The final migration use case that was discussed was the rewriting of the Netflix invoicing system. This required the creation of an entirely new path of functionality and corresponding service that would also require a new data store. This existing invoice data set was extremely large, and also had a high rate of change. The plan was to move the data from the existing MySQL database to a new Cassandra instance, while not impacting a customer's ability to interact with the invoicing functionality.
After analysis and several design discussions, the team realised that for this migration the corresponding data did not have to be "migrated" per se. The decision was taken to build the new service using the new Cassandra database, and run this in parallel with the "legacy" service and data store. By placing a "billing gateway" in front of the two services, a programmatic decision could be taken on which invoice service to call, based on whether a customer's invoicing data had been migrated or not.
Handa and her team "canary released" the new service by incrementally migrating small subsets of data from the old system to the new (for example, copying the invoice data of all users from a small country). Confidence in the resilience of the migration was built by testing in "shadow mode", where writes were shadowed across the two services and the results compared and reconciled at the data store leve. Extensive monitoring and alerting was used to catch the presence of unexpected behaviour and state. The effective "migration" of the data took over a year to achieve as part of the operation of the normal invoicing functionality, but there was zero downtime and no impact to the customer.

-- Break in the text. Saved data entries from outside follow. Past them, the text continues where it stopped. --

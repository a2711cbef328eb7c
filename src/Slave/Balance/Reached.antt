-- ===== src/Slave/Balance/Reached.antt =====
-- What a slave reports of the responses, in every state that its threads reach.
use slg.Base.{ℕ, zero, suc, ◌+◌, ◌-◌, ◌%◌, ◌^◌, ◌<◌, ◌≡◌, refl, ap, some, Bool, true, arith}
use mathlib.Core.Path.{subst}
use slg.Base.Sum.{sum, sum-snoc}
use slg.Circular.{open_circ}
use slg.Client.{Client, Stats}
use slg.Slave.{
  Config, System, set_up, init_client, init_client_stats, started, put_clients, uninitialised,
}
use slg.Slave.Totals.{compute_stats, add_clients, add_unfinished}
use slg.Slave.Writer.{writer_take, writer_serve}
use slg.Slave.Reader.{reader_take, reader_serve}
use slg.Slave.Threads.{
  Step, Reach, here, next, writer_takes, writer_serves, reader_takes, reader_serves,
}
use slg.Slave.ReadSet.Reached.{Yields, Yields-bind, returned}
use slg.Slave.Balance.{IsBalanced, Balanced}
use slg.Slave.Balance.Reading.{reader_take-Balanced, reader_serve-Balanced}
use slg.Slave.Balance.Writing.{writer_take-Balanced, writer_serve-Balanced}

Step-Balanced : {s t : System} → Step s t → IsBalanced s → IsBalanced t
Step-Balanced {s} (writer_takes f e) b =
    returned (λ (r : System × Bool). IsBalanced r.0) (writer_take s) (writer_take-Balanced s b) e
Step-Balanced {s} (writer_serves j a lt e) b =
    returned IsBalanced (writer_serve s j a) (writer_serve-Balanced s j lt b a) e
Step-Balanced {s} (reader_takes f e) b =
    returned (λ (r : System × Bool). IsBalanced r.0) (reader_take s) (reader_take-Balanced s b) e
Step-Balanced {s} (reader_serves j a lt e) b =
    returned IsBalanced (reader_serve s j a) (reader_serve-Balanced s j a lt b) e

Reach-Balanced : {s t : System} → IsBalanced s → Reach s t → IsBalanced t
Reach-Balanced b here = b
Reach-Balanced b (next r st) = Step-Balanced st (Reach-Balanced b r)

sum-zero : (n : ℕ) → sum n (λ i. 0) ≡ 0
sum-zero zero = refl
sum-zero (suc n) = omega (arith, sum-zero n)

started-Balanced :
    (c : Config) (address max_connect : ℕ) (g : Stats) {s : System}
    → c.nb_msg_per_connection < 2 ^ 32
    → g.global_total_resp_recv ≡ 0
    → set_up c address max_connect g ≡ some s
    → IsBalanced s
unfolding set_up started init_client init_client_stats
started-Balanced c address max_connect g {s} l z e = subst (λ o. Yields IsBalanced o) e yields
  where
    balanced : Balanced c.nb_clients (init_client address c.port) (init_client_stats g)
    balanced = record {
      countable = λ i. omega arith;
      not_yet = z;
      responses = omega (arith, sum-zero c.nb_clients);
      connections = omega (arith, sum-zero c.nb_clients);
    }

    yields : Yields IsBalanced (set_up c address max_connect g)
    yields = Yields-bind IsBalanced (open_circ true (some uninitialised) c.nb_clients) _ (λ r.
        Yields-bind IsBalanced (open_circ true (some uninitialised) c.nb_clients) _
          (λ w. Yields-bind IsBalanced (put_clients 0 c.nb_clients w) _ (λ f. (l, balanced))))

abbrev responses : (ℕ → Client) → ℕ → ℕ
responses clients i = sum i (λ j. (clients j).total_resp_recv)

abbrev unfinished : (ℕ → Client) → ℕ → ℕ
unfinished clients i = sum i (λ j. (clients j).nb_requests_on_iteration)

add_clients-totals :
    (k i : ℕ) (clients : ℕ → Client) (g : Stats)
    → (((add_clients i k clients g).global_total_resp_recv + responses clients i) % 2 ^ 64
        ≡ (g.global_total_resp_recv + responses clients (i + k)) % 2 ^ 64)
      × ((add_clients i k clients g).nb_rt ≡ g.nb_rt)
      × ((add_clients i k clients g).nb_crt ≡ g.nb_crt)
unfolding add_clients
add_clients-totals zero i clients g = let e : i + 0 ≡ i = omega arith in (rw e, refl, refl)
add_clients-totals (suc k) i clients g =
    let e : i + suc k ≡ i + 1 + k = omega arith in
    let h = add_clients-totals k (i + 1) clients _ in
    (rw e (omega (arith, h.0, sum-snoc i (λ j. (clients j).total_resp_recv))), h.1, h.2)

add_unfinished-totals :
    (k i : ℕ) (clients : ℕ → Client) (g : Stats)
    → (((add_unfinished i k clients g).nb_crt + unfinished clients i) % 2 ^ 64
        ≡ (g.nb_crt + unfinished clients (i + k)) % 2 ^ 64)
      × ((add_unfinished i k clients g).nb_rt ≡ g.nb_rt)
      × ((add_unfinished i k clients g).global_total_resp_recv ≡ g.global_total_resp_recv)
unfolding add_unfinished
add_unfinished-totals zero i clients g = let e : i + 0 ≡ i = omega arith in (rw e, refl, refl)
add_unfinished-totals (suc k) i clients g =
    let e : i + suc k ≡ i + 1 + k = omega arith in
    let h = add_unfinished-totals k (i + 1) clients _ in
    (rw e (omega (arith, h.0, sum-snoc i (λ j. (clients j).nb_requests_on_iteration))), h.1, h.2)

agreed :
    (n : ℕ) (clients : ℕ → Client) (g : Stats)
    → Balanced n clients g
    → ((compute_stats n clients g).global_total_resp_recv % 2 ^ 64
        ≡ (compute_stats n clients g).nb_rt % 2 ^ 64)
      × ((compute_stats n clients g).nb_crt % 2 ^ 64 ≡ (compute_stats n clients g).nb_rt % 2 ^ 64)
unfolding compute_stats
agreed n clients g b =
    let cleared = record g {
      global_nb_requests_taken = 0;
      global_errors = 0;
      global_max_ct = 0;
      global_min_ct = 2 ^ 64 - 1;
    } in
    let x = add_clients-totals n 0 clients cleared in
    let y = add_unfinished-totals n 0 clients (add_clients 0 n clients cleared) in
    let e : 0 + n ≡ n = omega arith in
    (
      omega (arith, x.0, x.1, y.1, y.2, b.not_yet, b.responses, ap (responses clients) e),
      omega (arith, x.1, x.2, y.0, y.1, b.connections, ap (unfinished clients) e),
    )

abbrev pub totals : System → Stats
totals s = compute_stats s.config.nb_clients s.all_clients s.stats

-- In every state that the two threads reach, what `compute_stats` makes of the measures agrees: the
-- number of responses that it adds up over the clients is nb_RT, and so is nb_CRT with the requests of
-- the connections that are still open, modulo 2 ^ 64, if an unsigned int holds the requests of a
-- connection and the total was 0 before, as `reset_stats` leaves it.
pub compute_stats-agrees :
    (c : Config) (address max_connect : ℕ) (g : Stats) {s t : System}
    → c.nb_msg_per_connection < 2 ^ 32
    → g.global_total_resp_recv ≡ 0
    → set_up c address max_connect g ≡ some s
    → Reach s t
    → ((totals t).global_total_resp_recv % 2 ^ 64 ≡ (totals t).nb_rt % 2 ^ 64)
      × ((totals t).nb_crt % 2 ^ 64 ≡ (totals t).nb_rt % 2 ^ 64)
compute_stats-agrees c address max_connect g {t = t} l z e r =
    let (_, b) = Reach-Balanced (started-Balanced c address max_connect g l z e) r in
    agreed t.config.nb_clients t.all_clients t.stats b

Summarising the talk, Handa shared the key lessons that her team had learned: aim for zero downtime even for data migration; invest in early feedback loops to build confidence; find ways to decouple customer interactions from your services; build independent checks and balances through automated data reconciliation; and canary release new functionality "rollout small, learn, repeat".
The slides of Sangeeta Handa's QCon SF talk, "Building Resilience in Netflix Production Migrations" (PDF), can be found on the conference website, and the video recording will be made available on InfoQ over the coming months.